-- ===== src/Tests/Control.antt =====
-- The theorems on internal/app/controller.go, applied on a desktop.
use clip_queue.Prelude.{◌≡◌, refl, inr, true, false, arith, [], ◌∷◌, some}
use clip_queue.Controller.State.{ok, ◌>>=◌}
use clip_queue.Controller.Queue
use clip_queue.Controller.Watch
use clip_queue.Controller.Paste
use clip_queue.Controller.Update.{Observed, numbered, on_clipboard_update-Observed}
use clip_queue.Controller.Calls.{Call, run, start}
use clip_queue.Controller.Invariant.{IsValid}
use clip_queue.Controller.Invariant.Methods.{run-new_controller-IsValid}
use clip_queue.Controller.Ring.{record_all, is_self_event-window}
use clip_queue.Controller.Suppress.{Unmoved, IsQuiet, paste_next-Unmoved, copy_item-Unmoved}
use clip_queue.Controller.Delivery.{pastes, paste_next_lem, fifo_delivery, lifo_delivery}
use clip_queue.Tests.Desk.{desk, desk-Working, config, note, empty_desk, busy}

fifo-IsValid : IsValid (busy "FIFO").controller
fifo-IsValid = record {
  history_fits = omega arith;
  ring_full = refl;
  ring_fixed = refl;
  ring_room = omega arith;
  order_known = inr refl;
}

desk-IsQuiet : IsQuiet desk
desk-IsQuiet w = refl

run-new_controller-IsValid_example :
    IsValid
      (run desk
        (Call.toggle_queue ∷ Call.on_clipboard_update ∷ Call.toggle_order ∷ Call.paste_next ∷ [])
        (start (config "FIFO") empty_desk)).controller
run-new_controller-IsValid_example =
    run-new_controller-IsValid desk (config "FIFO") empty_desk
      (Call.toggle_queue ∷ Call.on_clipboard_update ∷ Call.toggle_order ∷ Call.paste_next ∷ [])

paste_runs : Paste.paste_next desk (busy "FIFO") ≡ (ok tt, (Paste.paste_next desk (busy "FIFO")).1)
unfolding Paste.paste_next Paste.take_next Paste.dequeue Paste.paste_item
    Paste.resolve_image_payload Paste.restore Queue.add_self_event ◌>>=◌
paste_runs = refl

paste_next-Unmoved_example : Unmoved desk (Paste.paste_next desk (busy "FIFO")).1
paste_next-Unmoved_example =
    paste_next-Unmoved desk desk-IsQuiet (busy "FIFO") (Paste.paste_next desk (busy "FIFO")).1
      fifo-IsValid paste_runs

copy_runs :
    Paste.copy_item desk "a" (busy "FIFO") ≡ (ok tt, (Paste.copy_item desk "a" (busy "FIFO")).1)
unfolding Paste.copy_item Paste.find_item Paste.resolve_image_payload Paste.mark_copied ◌>>=◌
copy_runs = refl

copy_item-Unmoved_example : Unmoved desk (Paste.copy_item desk "a" (busy "FIFO")).1
copy_item-Unmoved_example =
    copy_item-Unmoved desk desk-IsQuiet "a" (busy "FIFO") (Paste.copy_item desk "a" (busy "FIFO")).1
      fifo-IsValid copy_runs

fifo_next : Paste.dequeue "FIFO" (note "a" ∷ note "b" ∷ []) ≡ some (note "a", note "b" ∷ [])
unfolding Paste.dequeue
fifo_next = refl

paste_next_example :
    let r = Paste.paste_next desk (busy "FIFO") in
    (r.0 ≡ ok tt)
    × (r.1.controller.queue ≡ note "b" ∷ [])
    × (r.1.controller.queue_enabled ≡ true)
    × (r.1.controller.order_strategy ≡ "FIFO")
    × (r.1.world.clipboard ≡ note "old")
    × (r.1.world.pasted ≡ note "a" ∷ [])
paste_next_example =
    paste_next_lem desk desk-Working (busy "FIFO") (note "a") (note "b" ∷ []) refl fifo_next refl

fifo_delivery_example :
    let s = pastes desk 2 (busy "FIFO") in
    (s.controller.queue ≡ [])
    × (s.world.pasted ≡ note "b" ∷ note "a" ∷ [])
    × (s.world.clipboard ≡ note "old")
fifo_delivery_example = fifo_delivery desk desk-Working (busy "FIFO") refl refl (refl, (refl, tt))

lifo_delivery_example :
    let s = pastes desk 2 (busy "LIFO") in
    (s.controller.queue ≡ [])
    × (s.world.pasted ≡ note "a" ∷ note "b" ∷ [])
    × (s.world.clipboard ≡ note "old")
lifo_delivery_example = lifo_delivery desk desk-Working (busy "LIFO") refl refl (refl, (refl, tt))

is_self_event-window_example :
    Queue.is_self_event (record_all (1 ∷ 2 ∷ 3 ∷ 4 ∷ 5 ∷ 6 ∷ 7 ∷ 9 ∷ []) (busy "FIFO").controller) 9
    ≡ Queue.contains (1 ∷ 2 ∷ 3 ∷ 4 ∷ 5 ∷ 6 ∷ 7 ∷ 9 ∷ []) 9
is_self_event-window_example =
    is_self_event-window (busy "FIFO").controller 9 (1 ∷ 2 ∷ 3 ∷ 4 ∷ 5 ∷ 6 ∷ 7 ∷ 9 ∷ [])
      fifo-IsValid refl

is_foreign : Queue.is_self_event (busy "FIFO").controller 7 ≡ false
unfolding Queue.is_self_event Queue.contains
is_foreign = refl

on_clipboard_update-Observed_example :
    Observed
      (numbered 7 (note "old"))
      (busy "FIFO").controller
      (Watch.on_clipboard_update desk (busy "FIFO")).1.controller
on_clipboard_update-Observed_example =
    on_clipboard_update-Observed desk (busy "FIFO") (note "old") empty_desk is_foreign refl refl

__________

### REQUIRED WORK
Repeat the listing in its entirety, keeping each line as it is.

### TASK SOLUTION
-- ===== src/Tests/Control.antt =====
-- The theorems on internal/app/controller.go, applied on a desktop.
use clip_queue.Prelude.{◌≡◌, refl, inr, true, false, arith, [], ◌∷◌, some}
use clip_queue.Controller.State.{ok, ◌>>=◌}
use clip_queue.Controller.Queue
use clip_queue.Controller.Watch
use clip_queue.Controller.Paste
use clip_queue.Controller.Update.{Observed, numbered, on_clipboard_update-Observed}
use clip_queue.Controller.Calls.{Call, run, start}
use clip_queue.Controller.Invariant.{IsValid}
use clip_queue.Controller.Invariant.Methods.{run-new_controller-IsValid}
use clip_queue.Controller.Ring.{record_all, is_self_event-window}
use clip_queue.Controller.Suppress.{Unmoved, IsQuiet, paste_next-Unmoved, copy_item-Unmoved}
use clip_queue.Controller.Delivery.{pastes, paste_next_lem, fifo_delivery, lifo_delivery}
use clip_queue.Tests.Desk.{desk, desk-Working, config, note, empty_desk, busy}

fifo-IsValid : IsValid (busy "FIFO").controller
fifo-IsValid = record {
  history_fits = omega arith;
  ring_full = refl;
  ring_fixed = refl;
  ring_room = omega arith;
  order_known = inr refl;
}

desk-IsQuiet : IsQuiet desk
desk-IsQuiet w = refl

run-new_controller-IsValid_example :
    IsValid
      (run desk
        (Call.toggle_queue ∷ Call.on_clipboard_update ∷ Call.toggle_order ∷ Call.paste_next ∷ [])
        (start (config "FIFO") empty_desk)).controller
run-new_controller-IsValid_example =
    run-new_controller-IsValid desk (config "FIFO") empty_desk
      (Call.toggle_queue ∷ Call.on_clipboard_update ∷ Call.toggle_order ∷ Call.paste_next ∷ [])

paste_runs : Paste.paste_next desk (busy "FIFO") ≡ (ok tt, (Paste.paste_next desk (busy "FIFO")).1)
unfolding Paste.paste_next Paste.take_next Paste.dequeue Paste.paste_item
    Paste.resolve_image_payload Paste.restore Queue.add_self_event ◌>>=◌
paste_runs = refl

paste_next-Unmoved_example : Unmoved desk (Paste.paste_next desk (busy "FIFO")).1
paste_next-Unmoved_example =
    paste_next-Unmoved desk desk-IsQuiet (busy "FIFO") (Paste.paste_next desk (busy "FIFO")).1
      fifo-IsValid paste_runs

copy_runs :
    Paste.copy_item desk "a" (busy "FIFO") ≡ (ok tt, (Paste.copy_item desk "a" (busy "FIFO")).1)
unfolding Paste.copy_item Paste.find_item Paste.resolve_image_payload Paste.mark_copied ◌>>=◌
copy_runs = refl

copy_item-Unmoved_example : Unmoved desk (Paste.copy_item desk "a" (busy "FIFO")).1
copy_item-Unmoved_example =
    copy_item-Unmoved desk desk-IsQuiet "a" (busy "FIFO") (Paste.copy_item desk "a" (busy "FIFO")).1
      fifo-IsValid copy_runs

fifo_next : Paste.dequeue "FIFO" (note "a" ∷ note "b" ∷ []) ≡ some (note "a", note "b" ∷ [])
unfolding Paste.dequeue
fifo_next = refl

paste_next_example :
    let r = Paste.paste_next desk (busy "FIFO") in
    (r.0 ≡ ok tt)
    × (r.1.controller.queue ≡ note "b" ∷ [])
    × (r.1.controller.queue_enabled ≡ true)
    × (r.1.controller.order_strategy ≡ "FIFO")
    × (r.1.world.clipboard ≡ note "old")
    × (r.1.world.pasted ≡ note "a" ∷ [])
paste_next_example =
    paste_next_lem desk desk-Working (busy "FIFO") (note "a") (note "b" ∷ []) refl fifo_next refl

fifo_delivery_example :
    let s = pastes desk 2 (busy "FIFO") in
    (s.controller.queue ≡ [])
    × (s.world.pasted ≡ note "b" ∷ note "a" ∷ [])
    × (s.world.clipboard ≡ note "old")
fifo_delivery_example = fifo_delivery desk desk-Working (busy "FIFO") refl refl (refl, (refl, tt))

lifo_delivery_example :
    let s = pastes desk 2 (busy "LIFO") in
    (s.controller.queue ≡ [])
    × (s.world.pasted ≡ note "a" ∷ note "b" ∷ [])
    × (s.world.clipboard ≡ note "old")
lifo_delivery_example = lifo_delivery desk desk-Working (busy "LIFO") refl refl (refl, (refl, tt))

is_self_event-window_example :
    Queue.is_self_event (record_all (1 ∷ 2 ∷ 3 ∷ 4 ∷ 5 ∷ 6 ∷ 7 ∷ 9 ∷ []) (busy "FIFO").controller) 9
    ≡ Queue.contains (1 ∷ 2 ∷ 3 ∷ 4 ∷ 5 ∷ 6 ∷ 7 ∷ 9 ∷ []) 9
is_self_event-window_example =
    is_self_event-window (busy "FIFO").controller 9 (1 ∷ 2 ∷ 3 ∷ 4 ∷ 5 ∷ 6 ∷ 7 ∷ 9 ∷ [])
      fifo-IsValid refl

is_foreign : Queue.is_self_event (busy "FIFO").controller 7 ≡ false
unfolding Queue.is_self_event Queue.contains
is_foreign = refl

on_clipboard_update-Observed_example :
    Observed
      (numbered 7 (note "old"))
      (busy "FIFO").controller
      (Watch.on_clipboard_update desk (busy "FIFO")).1.controller
on_clipboard_update-Observed_example =
    on_clipboard_update-Observed desk (busy "FIFO") (note "old") empty_desk is_foreign refl refl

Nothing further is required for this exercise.